# Blush for my tan (NC42-45) Asian complexion?



## Kelly (Jul 22, 2006)

I'm looking to buy a blush that is both matte/not too shimmery and shows up on my skintone. Most blushes are either too light or too pinky so I'm thinking something very pigmented and maybe in the peach/coral color range. 

I have MAC's Peachtwist but it's too shimmery, same with NARS Lovejoy. Any recommendations? Thanks girls!


----------



## User67 (Jul 23, 2006)

I am also an NC 42 & right now two of my favorite blushes are Fleur Power a vibrant but neutral pink & Coppertone a great all around neutral. They are both matte so you don't have to worry about them being too shimmery.


----------



## hyperRealGurl (Jul 24, 2006)

^^ i say "Fleur  Power" Also


----------



## mzcelaneous (Jul 24, 2006)

I third, Fleur Power


----------



## noahlowryfan (Jul 24, 2006)

any recommendations on a blush for someone with NC35 skincolor?


----------



## stellarx1587 (Jul 29, 2006)

I'm an NC42 w/ an asian complexion as well. Fleur Power is nice and I wear that once in a while. But my absolute fave would be Peaches. I wear that nearly everyday and have already hit the pan on it. Its the perfect peachy/coral color. It ads just a flush of color and goes w/ ANY look I do. And yes, its matte... so no shimmer to worry about. Hope that helps!


----------



## REYNALD0C (Jul 29, 2006)

I like Peaches =]

applied lightly it looks great on us NC42's!


----------



## tropical_smiles (May 30, 2007)

hey should try a pinch o' peach! it's a peachy color..and I love it..works well with my NC40 skin and i'm asian..i hate the pink look


----------



## juicyaddict (May 30, 2007)

fab blush from barbie


----------



## me_jelly (May 30, 2007)

I highly recommend melba (for both you and noahlowryfan above) - I'm NC 35 and it's a lot more pigmented than most peachy blushes (including peaches, another one of my favs) - I use it with a lighter hand with the 187 and it gives me a great peachy (with a hint of pink) glow without the shimmer (as it is matte).
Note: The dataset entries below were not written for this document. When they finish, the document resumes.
-- ===== src/Remote/Matcher.antt =====
-- crates/treesync/src/remote/delta.rs: `Matcher`, which turns a source into tokens against the
-- signature of what the target holds. The hasher is the bytes that it has taken in.
-- The source is the list of what its reads give, one after the other: bytes, none at its end, or a
-- failure. When the list is used up, the source is at its end.
pub mod Move
pub mod Loop
pub mod Sound
pub mod Window
pub mod Match
pub mod Round
pub mod Filled
pub mod Rebuild
pub mod Deliver
pub mod Whole
use treesync.Prelude.{
  ℕ, zero, suc, ◌+◌, ◌-◌, ◌*◌, List, [], ◌∷◌, ◌++◌, Bool, true, false, not, ◌&&◌, ◌||◌, Option,
  none, some, ltb, leb, length, take, drop, get_elem?, map, ◌==◌, nat_eq, list_eq, if◌then◌else◌,
}
use treesync.FilePath.{Bytes}
use treesync.Error.{codes, Error, IoKind, from_io, Result, ok, err, ◌>>=◌}
use treesync.Remote.Rolling.{Rolling, roll, digest}
use treesync.Remote.Rolling
use treesync.Remote.Signature.{BlockSig, Signature, strong}
use treesync.Remote.Token.{Token, copy, literal}

abbrev pub read_ahead : ℕ
read_ahead = 256 * 1024

abbrev pub literal_flush : ℕ
literal_flush = 256 * 1024

pub data Read : Type 0 where
  bytes : Bytes → Read
  fault : IoKind → Read

-- The map from weak checksums to the blocks that have them.
abbrev pub Candidates : Type 0
Candidates = List (ℕ × List ℕ)

pub record Matcher : Type 0 where
  pub reader : List Read
  pub block_size : ℕ
  pub candidates : Candidates
  pub strong : List Bytes
  pub buffer : Bytes
  pub pos : ℕ
  pub literal : Bytes
  pub rolling : Option Rolling
  pub run : Option (ℕ × ℕ)
  pub ready : List Token
  pub hasher : Bytes
  pub eof : Bool
  pub finished : Bool

-- `candidates.entry(weak).or_default().push(index)`
unfoldable pub add_candidate : ℕ → ℕ → Candidates → Candidates
add_candidate weak index [] = (weak, index ∷ []) ∷ []
add_candidate weak index ((w, is) ∷ cs) =
    if w == weak then (w, is ++ (index ∷ [])) ∷ cs else (w, is) ∷ add_candidate weak index cs

unfoldable pub candidates_from : ℕ → List BlockSig → Candidates → Candidates
unfolding add_candidate
candidates_from index [] cs = cs
candidates_from index (b ∷ bs) cs = candidates_from (index + 1) bs (add_candidate b.weak index cs)

unfoldable pub strongs : List BlockSig → List Bytes
strongs [] = []
strongs (b ∷ bs) = b.strong ∷ strongs bs

-- `max(1)`
unfoldable pub at_least_one : ℕ → ℕ
at_least_one zero = 1
at_least_one (suc n) = suc n

unfoldable pub new : List Read → Signature → Matcher
unfolding candidates_from strongs at_least_one
new reader signature = record {
  reader = reader;
  block_size = at_least_one signature.block_size;
  candidates = candidates_from 0 signature.blocks [];
  strong = strongs signature.blocks;
  buffer = [];
  pos = 0;
  literal = [];
  rolling = none;
  run = none;
  ready = [];
  hasher = [];
  eof = false;
  finished = false;
}

-- The bytes of the buffer that the window has not passed.
abbrev pub ahead : Matcher → Bytes
ahead m = drop m.pos m.buffer

unfoldable pub drain_passed : Matcher → Matcher
drain_passed m =
    if ltb read_ahead m.pos then record m { buffer = drop m.pos m.buffer; pos = 0 } else m

abbrev pub is_short : Matcher → Bool
is_short m = not m.eof && ltb (length m.buffer - m.pos) (m.block_size + read_ahead)

-- The loop of `fill`, over what the reads give.
unfoldable pub fill_loop : List Read → Matcher → Result Matcher
unfolding from_io
fill_loop [] m = ok (if is_short m then record m { eof = true } else m)
fill_loop (bytes [] ∷ rs) m = ok (if is_short m then record m { eof = true; reader = rs } else m)
fill_loop (bytes (b ∷ bs) ∷ rs) m =
    let more =
      fill_loop rs
        (record m { reader = rs; hasher = m.hasher ++ (b ∷ bs); buffer = m.buffer ++ (b ∷ bs) }) in
    if is_short m then more else ok m
fill_loop (fault k ∷ rs) m =
    if is_short m then err (from_io k (codes "reading the source")) else ok m

unfoldable pub fill : Matcher → Result Matcher
unfolding drain_passed fill_loop
fill m = fill_loop m.reader (drain_passed m)
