-- ===== src/Remote/Matcher/Move.antt =====
-- crates/treesync/src/remote/delta.rs: what `Matcher` does with one window, one byte and the tail.
use treesync.Prelude.{
  ℕ, ◌+◌, ◌-◌, ◌*◌, [], ◌∷◌, ◌++◌, Bool, true, not, none, some, ltb, length, get_elem?, ◌==◌,
  nat_eq, list_eq, if◌then◌else◌,
}
use treesync.FilePath.{Bytes}
use treesync.Remote.Token.{copy, literal}
use treesync.Remote.Matcher.{Matcher, ahead}

unfoldable pub flush_run : Matcher → Matcher
flush_run m = elim m.run [
  | none ↦ m
  | some (offset, len) ↦ record m { run = none; ready = m.ready ++ (copy offset len ∷ []) }
]

unfoldable pub flush_literal : Matcher → Matcher
flush_literal m = elim m.literal [
  | [] ↦ m
  | b ∷ bs ↦ record m { literal = []; ready = m.ready ++ (literal (b ∷ bs) ∷ []) }
]

-- The run that a matched block leads to, and whether the open one is flushed first.
unfoldable pub extend_run : ℕ → Matcher → Matcher
unfolding flush_run
extend_run block m =
    let offset = block * m.block_size in
    elim m.run [
      | none ↦ record m { run = some (offset, m.block_size) }
      | some (start, run) ↦
          if start + run == offset
          then record m { run = some (start, run + m.block_size) }
          else record (flush_run m) { run = some (offset, m.block_size) }
    ]

unfoldable pub flush_run_if_no_literal : Matcher → Matcher
unfolding flush_run
flush_run_if_no_literal m = elim m.literal [ [] ↦ flush_run m | _ ∷ _ ↦ m ]

-- A matched window: literal before copy.
unfoldable pub matched : ℕ → Matcher → Matcher
unfolding extend_run flush_literal
matched block m =
    let r = extend_run block (flush_literal m) in
    record r { pos = r.pos + r.block_size; rolling = none }

-- A byte that starts no match: copy before literal.
unfoldable pub passed : ℕ → Matcher → Matcher
unfolding flush_run_if_no_literal
passed out m =
    let r = flush_run_if_no_literal m in
    record r { literal = r.literal ++ (out ∷ []); pos = r.pos + 1 }

-- `self.buffer[i]`; the code never looks past the end.
unfoldable pub byte_at : ℕ → Bytes → ℕ
byte_at i bs = elim (get_elem? bs i) [ none ↦ 0 | some b ↦ b ]

abbrev pub has_window : Matcher → Bool
has_window m = not (ltb (length m.buffer - m.pos) m.block_size)

-- What is left of the buffer becomes literal.
unfoldable pub take_tail : Bytes → Matcher → Matcher
unfolding flush_run_if_no_literal
take_tail [] m = m
take_tail (b ∷ bs) m =
    let r = flush_run_if_no_literal m in
    record r { literal = r.literal ++ (b ∷ bs); pos = length r.buffer }

-- Nothing left is long enough to match a block.
unfoldable pub finish : Matcher → Matcher
unfolding take_tail flush_run flush_literal
finish m = record (flush_literal (flush_run (take_tail (ahead m) m))) { finished = true }
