-- ===== src/Remote/Matcher/Loop.antt =====
-- crates/treesync/src/remote/delta.rs: the loops of `Matcher`, and the caller's.
use treesync.Prelude.{
  ℕ, zero, suc, ◌+◌, ◌-◌, List, [], ◌∷◌, not, Option, none, some, leb, length, take, get_elem?,
  ◌==◌, nat_eq, list_eq, if◌then◌else◌,
}
use treesync.FilePath.{Bytes}
use treesync.Error.{Error, Result, ok, err, ◌>>=◌}
use treesync.Remote.Rolling.{Rolling, roll, digest}
use treesync.Remote.Rolling
use treesync.Remote.Signature.{strong}
use treesync.Remote.Token.{Token}
use treesync.Remote.Matcher.{literal_flush, Read, bytes, fault, Candidates, Matcher, ahead, fill}
use treesync.Remote.Matcher.Move.{flush_literal, matched, passed, byte_at, has_window, finish}

-- `candidates.get(&digest)`
unfoldable pub candidates_at : ℕ → Candidates → List ℕ
candidates_at weak [] = []
candidates_at weak ((w, is) ∷ cs) = if w == weak then is else candidates_at weak cs

-- The first of the candidates whose strong hash is the window's.
unfoldable pub first_match : List Bytes → Bytes → List ℕ → Option ℕ
first_match strongs hash [] = none
first_match strongs hash (i ∷ is) = elim (get_elem? strongs i) [
  | none ↦ first_match strongs hash is
  | some h ↦ if h == hash then some i else first_match strongs hash is
]

unfoldable pub match_at : (Bytes → Bytes) → Rolling → Matcher → Option ℕ
unfolding candidates_at first_match digest
match_at blake3 rolling m =
    first_match m.strong (strong blake3 (take m.block_size (ahead m)))
      (candidates_at (digest rolling) m.candidates)

-- What `next_token` comes to: a token, the end of the stream, or a failed read. The last is for
-- a loop that ran out of fuel.
pub data Next : Type 0 where
  token : Token → Matcher → Next
  ended : Matcher → Next
  failed : Error → Next
  stuck : Next

unfoldable pub unread : List Read → ℕ
unread [] = 0
unread (bytes b ∷ rs) = length b + unread rs
unread (fault k ∷ rs) = unread rs

abbrev pub remaining : Matcher → ℕ
remaining m = length (ahead m) + unread m.reader

-- One round of the loop of `next_token`, by what the step gives.
unfoldable pub after_step : Result (Option Matcher) → (Matcher → Next) → Next
after_step (err e) more = failed e
after_step (ok none) more = stuck
after_step (ok (some m)) more = more m

unfoldable pub add_token :
    Token → Result (Option (List Token × Matcher)) → Result (Option (List Token × Matcher))
add_token t (err e) = err e
add_token t (ok none) = ok none
add_token t (ok (some (ts, r))) = ok (some (t ∷ ts, r))

module _ (blake3 : Bytes → Bytes) where
  -- The loop of `step`. On fuel; `none` means that it ran out.
  unfoldable pub scan : ℕ → Rolling → Matcher → Option Matcher
  unfolding match_at matched passed byte_at roll flush_literal
  scan zero rolling m = none
  scan (suc fuel) rolling m = elim (match_at blake3 rolling m) [
    | some block ↦ some (matched block m)
    | none ↦
        let out = byte_at m.pos m.buffer in
        let r = passed out m in
        let rolled = roll rolling out (byte_at (r.pos + r.block_size - 1) r.buffer) in
        let more = scan fuel rolled r in
        if not (has_window r)
        then some (record r { rolling = none })
        else if leb literal_flush (length r.literal)
        then some (record (flush_literal r) { rolling = some rolled })
        else more
  ]

  unfoldable pub rolling_of : Option Rolling → Matcher → Rolling
  unfolding Rolling.new
  rolling_of none m = Rolling.new (take m.block_size (ahead m))
  rolling_of (some r) m = r

  unfoldable pub scan_from : Matcher → Option Matcher
  unfolding scan finish rolling_of
  scan_from m =
      if has_window m
      then scan (suc (length m.buffer)) (rolling_of m.rolling m) (record m { rolling = none })
      else some (finish m)

  unfoldable pub step : Matcher → Result (Option Matcher)
  unfolding fill scan_from
  step m = do filled ← fill m; ok (scan_from filled)

  unfoldable pub next_loop : ℕ → Matcher → Next
  unfolding after_step step
  next_loop zero m = stuck
  next_loop (suc fuel) m = elim m.ready [
    | t ∷ ts ↦ token t (record m { ready = ts })
    | [] ↦
        let next = after_step (step m) (λ r. next_loop fuel r) in
        if m.finished then ended m else next
  ]

  unfoldable pub next_token : Matcher → Next
  unfolding next_loop unread
  next_token m = next_loop (suc (suc (remaining m))) m

  -- The caller's loop: every token in turn. `none` where the fuel ran out.
  unfoldable pub all_tokens : ℕ → Matcher → Result (Option (List Token × Matcher))
  unfolding next_token add_token
  all_tokens zero m = ok none
  all_tokens (suc fuel) m = elim (next_token m) [
    | token t r ↦ add_token t (all_tokens fuel r)
    | ended r ↦ ok (some ([], r))
    | failed e ↦ err e
    | stuck ↦ ok none
  ]
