-- ===== src/Pool.antt =====
-- internal/pool/pool.go: `Pool[T]` for a pointer type `T`. Objects lie in a memory, and what is put in,
-- taken out and kept by the users are their addresses, so that a user who keeps a pointer after `Put`
-- still writes to the object in the pool. Of `sync.Pool` nothing is known but that `Get` takes out one
-- of the objects that were put in, or makes a new one, and that objects may vanish at any time.
pub mod Owners
pub mod Clean
use gometrics.Prelude.{
  ℕ, zero, suc, Bool, true, false, Option, none, some, List, [], ◌∷◌, eqb, if◌then◌else◌,
}

abbrev pub Address : Type 0
Address = ℕ

-- what `sync.Pool` holds, what an object is that its `New` makes, `none` where `newFn` is nil, and the
-- memory: the contents at each address, and the first address that was never used
pub record Pool (T : Type 0) : Type 0 where
  pub items : List Address
  pub fresh : Option T
  pub contents : Address → T
  pub next : Address

abbrev pub set_at : {V : Type 0} → Address → V → (Address → V) → Address → V
set_at a v f b = if eqb b a then v else f b

-- the list without its element number `i`
unfoldable pub without : {V : Type 0} → ℕ → List V → List V
without i [] = []
without zero (x ∷ xs) = xs
without (suc i) (x ∷ xs) = x ∷ without i xs

-- the element at a place that `sync.Pool` chose
unfoldable pub taken : {V : Type 0} → ℕ → List V → Option V
taken i [] = none
taken zero (x ∷ xs) = some x
taken (suc i) (x ∷ xs) = taken i xs

-- A step of a user of the pool, who may also write to an object and make one without the pool; or of
-- the garbage collector.
pub data Action (T : Type 0) : Type 0 where
  put_object : Option Address → Action T
  get_object : Option ℕ → Action T
  write_object : Address → T → Action T
  make_object : T → Action T
  vanish : ℕ → Action T

-- The pool, and which objects the users hold: those that they were given by `Get` or made themselves,
-- and did not put in since.
pub record System (T : Type 0) : Type 0 where
  pub pool : Pool T
  pub held : Address → Bool

abbrev pub hold : Option Address → Bool → (Address → Bool) → Address → Bool
hold none b held = held
hold (some a) b held = set_at a b held

module _ {T : Type 0} where
  -- `New`, in a memory of unused objects
  unfoldable pub new : Option T → (Address → T) → Pool T
  new fresh contents = record { items = []; fresh = fresh; contents = contents; next = 0 }

  -- a new pool, and nobody holds an object
  abbrev pub start : Option T → (Address → T) → System T
  start fresh contents = record { pool = new fresh contents; held = λ a. false }

  unfoldable pub allocate : T → Pool T → Pool T
  allocate v p = record p { contents = set_at p.next v p.contents; next = suc p.next }

  -- `sync.Pool` calls `New`, if there is one
  unfoldable pub make_new : Option T → Pool T → Option Address × Pool T
  unfolding allocate
  make_new none p = (none, p)
  make_new (some v) p = (some p.next, allocate v p)

  unfoldable pub get_found : ℕ → Option Address → Pool T → Option Address × Pool T
  unfolding make_new
  get_found i none p = make_new p.fresh p
  get_found i (some a) p = (some a, record p { items = without i p.items })

  -- `Get`; at the choice `none` nothing was found
  unfoldable pub get : Option ℕ → Pool T → Option Address × Pool T
  unfolding get_found
  get none p = make_new p.fresh p
  get (some i) p = get_found i (taken i p.items) p

  module _ (reset : T → T) where
    -- `Put`, which ignores nil; `Reset` writes through the pointer
    unfoldable pub put : Option Address → Pool T → Pool T
    put none p = p
    put (some a) p = record p {
      contents = set_at a (reset (p.contents a)) p.contents;
      items = a ∷ p.items;
    }

    unfoldable pub act : Action T → System T → System T
    unfolding get put allocate
    act (put_object o) s = record { pool = put o s.pool; held = hold o false s.held }
    act (get_object choice) s =
        let (o, p) = get choice s.pool in record { pool = p; held = hold o true s.held }
    act (write_object a v) s = record s {
      pool = record s.pool { contents = set_at a v s.pool.contents };
    }
    act (make_object v) s = record {
      pool = allocate v s.pool;
      held = set_at s.pool.next true s.held;
    }
    act (vanish i) s = record s { pool = record s.pool { items = without i s.pool.items } }

    unfoldable pub run : List (Action T) → System T → System T
    unfolding act
    run [] s = s
    run (a ∷ schedule) s = run schedule (act a s)
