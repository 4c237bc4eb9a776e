-- ===== src/Pool/Owners.antt =====
-- Who holds which object of a pool, and what stays so when something is done to one object.
use gometrics.Prelude.{
  ℕ, zero, suc, ◌<◌, Bool, true, false, Option, none, some, List, [], ◌∷◌, ◌≡◌, refl, inl, inr, All,
  ◌∙◌, subst, sym, eqb, eqb_iff, Bool-cases, arith, ◌≤◌,
}
use mathlib.Core.Option.{some-injective}
use gometrics.Pool.{
  Address, Pool, Action, put_object, write_object, System, act, without, taken, set_at,
}

-- the addresses `l` are not `a`, nor twice in the list
abbrev pub Apart : Address → List Address → Type 0
Apart a l = All (λ b. eqb b a ≡ false) l

abbrev pub Distinct : List Address → Type 0
Distinct [] = Unit
Distinct (a ∷ l) = Apart a l × Distinct l

module _ {V : Type 0} where
  pub set_at-same : (a : Address) (v : V) (f : Address → V) → set_at a v f a ≡ v
  set_at-same a v f = rw ((eqb_iff a a).1 refl) refl

  pub set_at-other :
      (a b : Address) (v : V) (f : Address → V) → eqb b a ≡ false → set_at a v f b ≡ f b
  set_at-other a b v f e = rw e refl

  pub without-All : (P : V → Type 0) (i : ℕ) (l : List V) → All P l → All P (without i l)
  unfolding without
  without-All P i [] h = tt
  without-All P zero (x ∷ xs) (c, h) = h
  without-All P (suc i) (x ∷ xs) (c, h) = (c, without-All P i xs h)

  pub taken-All : (P : V → Type 0) (i : ℕ) (l : List V) (x : V) → All P l → taken i l ≡ some x → P x
  unfolding taken
  taken-All P i [] x h e = cc e
  taken-All P zero (y ∷ l) x (p, h) e = subst P (some-injective _ _ e) p
  taken-All P (suc i) (y ∷ l) x (p, h) e = taken-All P i l x h e

  All-weaken :
      (P Q R : V → Type 0) (l : List V) → All P l → All Q l → ((x : V) → P x → Q x → R x) → All R l
  All-weaken P Q R [] h k f = tt
  All-weaken P Q R (x ∷ l) (p, h) (q, k) f = (f x p q, All-weaken P Q R l h k f)

apart_sym : (a b : Address) → eqb a b ≡ false → eqb b a ≡ false
apart_sym a b e = elim (Bool-cases (eqb b a)) [
  | inl same ↦ cc (e, (eqb_iff a b).1 (sym ((eqb_iff b a).0 same)))
  | inr other ↦ other
]

apart_below : (a b : Address) → b < a → eqb b a ≡ false
apart_below a b lt = ground arith

pub without-Distinct : (i : ℕ) (l : List Address) → Distinct l → Distinct (without i l)
unfolding without
without-Distinct i [] h = tt
without-Distinct zero (x ∷ xs) (c, h) = h
without-Distinct (suc i) (x ∷ xs) (c, h) =
    (without-All (λ b. eqb b x ≡ false) i xs c, without-Distinct i xs h)

-- the element that is taken out is not among the others
pub taken-Apart :
    (i : ℕ) (l : List Address) (a : Address)
    → Distinct l
    → taken i l ≡ some a
    → Apart a (without i l)
unfolding without taken
taken-Apart i [] a h e = tt
taken-Apart zero (x ∷ l) a (c, h) e = subst (λ y. Apart y l) (some-injective _ _ e) c
taken-Apart (suc i) (x ∷ l) a (c, h) e =
    (apart_sym a x (taken-All (λ b. eqb b x ≡ false) i l a c e), taken-Apart i l a h e)

module _ {T : Type 0} (Clean : T → Type 0) where
  -- What a user may do: put in or write to an object only as long as he holds it, and with that give
  -- it up when he puts it in.
  abbrev pub IsAllowed : Action T → System T → Type 0
  IsAllowed (put_object none) s = Unit
  IsAllowed (put_object (some a)) s = s.held a ≡ true
  IsAllowed (write_object a v) s = s.held a ≡ true
  IsAllowed _ s = Unit

  abbrev pub AllAllowed : (T → T) → List (Action T) → System T → Type 0
  AllAllowed reset [] s = Unit
  AllAllowed reset (a ∷ schedule) s = IsAllowed a s × AllAllowed reset schedule (act reset a s)

  abbrev pub MakesClean : Option T → Type 0
  MakesClean none = Unit
  MakesClean (some v) = Clean v

  -- an object that is used, by nobody, and clean
  abbrev pub Free : System T → Address → Type 0
  Free s a = (s.held a ≡ false) × (a < s.pool.next) × Clean (s.pool.contents a)

  pub record IsValid (s : System T) : Type 0 where
    pub free : All (Free s) s.pool.items
    pub distinct : Distinct s.pool.items
    pub used : (a : Address) → s.held a ≡ true → a < s.pool.next
    pub makes : MakesClean s.pool.fresh

  -- What `Get` returns: a clean object that nobody else holds, or nil where the pool makes no objects.
  abbrev pub IsClean : System T → Option Address × Pool T → Type 0
  IsClean s (none, p) = s.pool.fresh ≡ none
  IsClean s (some a, p) = Clean (p.contents a) × (s.held a ≡ false)

  -- what the users hold is not among the items
  pub held-Apart :
      (s : System T) (a : Address) (l : List Address) → s.held a ≡ true → All (Free s) l → Apart a l
  held-Apart s a [] h f = tt
  held-Apart s a (b ∷ l) h ((free, lt, c), f) = (
    elim (Bool-cases (eqb b a)) [
      | inl same ↦ let e : b ≡ a = (eqb_iff b a).0 same in cc (e, h, free)
      | inr other ↦ other
    ],
    held-Apart s a l h f,
  )

  -- nor is the next address
  pub next-Apart : (s : System T) (l : List Address) → All (Free s) l → Apart s.pool.next l
  next-Apart s [] f = tt
  next-Apart s (b ∷ l) ((free, lt, c), f) = (apart_below s.pool.next b lt, next-Apart s l f)

  -- the other objects stay free when something is done to `a`
  pub still-Free :
      (s s' : System T) (a : Address) (l : List Address)
      → All (Free s) l
      → Apart a l
      → ((x : Address) → eqb x a ≡ false → s'.held x ≡ s.held x)
      → ((x : Address) → eqb x a ≡ false → s'.pool.contents x ≡ s.pool.contents x)
      → s.pool.next ≤ s'.pool.next
      → All (Free s') l
  still-Free s s' a l f apart held contents le =
      All-weaken (Free s) (λ x. eqb x a ≡ false) (Free s') l f apart
        (λ x (free, lt, c) e.
          (held x e ∙ free, omega (arith, lt, le), subst Clean (sym (contents x e)) c))

  pub used-set_at :
      (held : Address → Bool) (next n a : Address) (b : Bool)
      → ((x : Address) → held x ≡ true → x < next)
      → next ≤ n
      → a < n
      → (x : Address) → set_at a b held x ≡ true
      → x < n
  used-set_at held next n a b used le lt x h = elim (Bool-cases (eqb x a)) [
    | inl same ↦ let e : x ≡ a = (eqb_iff x a).0 same in omega (arith, e, lt)
    | inr other ↦ omega (arith, used x (sym (set_at-other a x b held other) ∙ h), le)
  ]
If you are looking for something more pinky-coral instead of peachy-coral, try fleur power - it'll deinitely show up on you as well and it's beautiful


----------



## ndn-ista (Nov 16, 2007)

MAC Blush- Pinch Me


----------



## miss_supra (Nov 16, 2007)

Quote:

   Originally Posted by *noahlowryfan* 

 
_any recommendations on a blush for someone with NC35 skincolor?_

 
Peachykeen <3


----------



## MACaholic76 (Nov 17, 2007)

I second Peaches.  Its one of my staples along with Gingerly.


----------



## jilliandanica (Nov 17, 2007)

I love Fleur Power and Pinch Me. When I want a natural flush/no shimmer I grab these.


----------



## Dreamergirl3 (Nov 17, 2007)

my friend who is your shade wears Sunbasque every day! I'm not sure if it'd be too shimmery, though.


----------



## Kuuipo (Nov 17, 2007)

NARS Mounia (warm burgundy), Luster (golden coral/rose) Sertao (broze/gold), Oasis (warm rose gold with wine undertones) Torrid,Outlaw.  NARS blushes are a sanctuary for gold/olive skin!


----------



## Kuuipo (Nov 17, 2007)

http://www.narscosmetics.com/acb/sto...ategory_7.aspx


Swatchsite. It's pretty accurate.


----------



## Leilani78 (Nov 18, 2007)

i second gingerly.

sunbasque might be too shimmery (im not into shimmer either), but i found if i pat it on with my 129 and then buff it in and slowly layer it on it decreases the shimmer.


----------



## clamster (Nov 18, 2007)

I am an NC40 there are some listed here:
http://specktra.net/showthread.php?t=74363

Sunbasque seems to be popular!!!! It might be a little on the shimmery side though.


----------



## cloudburst (Nov 19, 2007)

I'm NC30/35, I like MAC Prism + Harmony for contouring.


----------



## MisaMayah (Nov 24, 2007)

Quote:

   Originally Posted by *jilliandanica* 

 
_I love Fleur Power and Pinch Me. When I want a natural flush/no shimmer I grab these._

 
DITTO!!!! (I love this girl,lol)


----------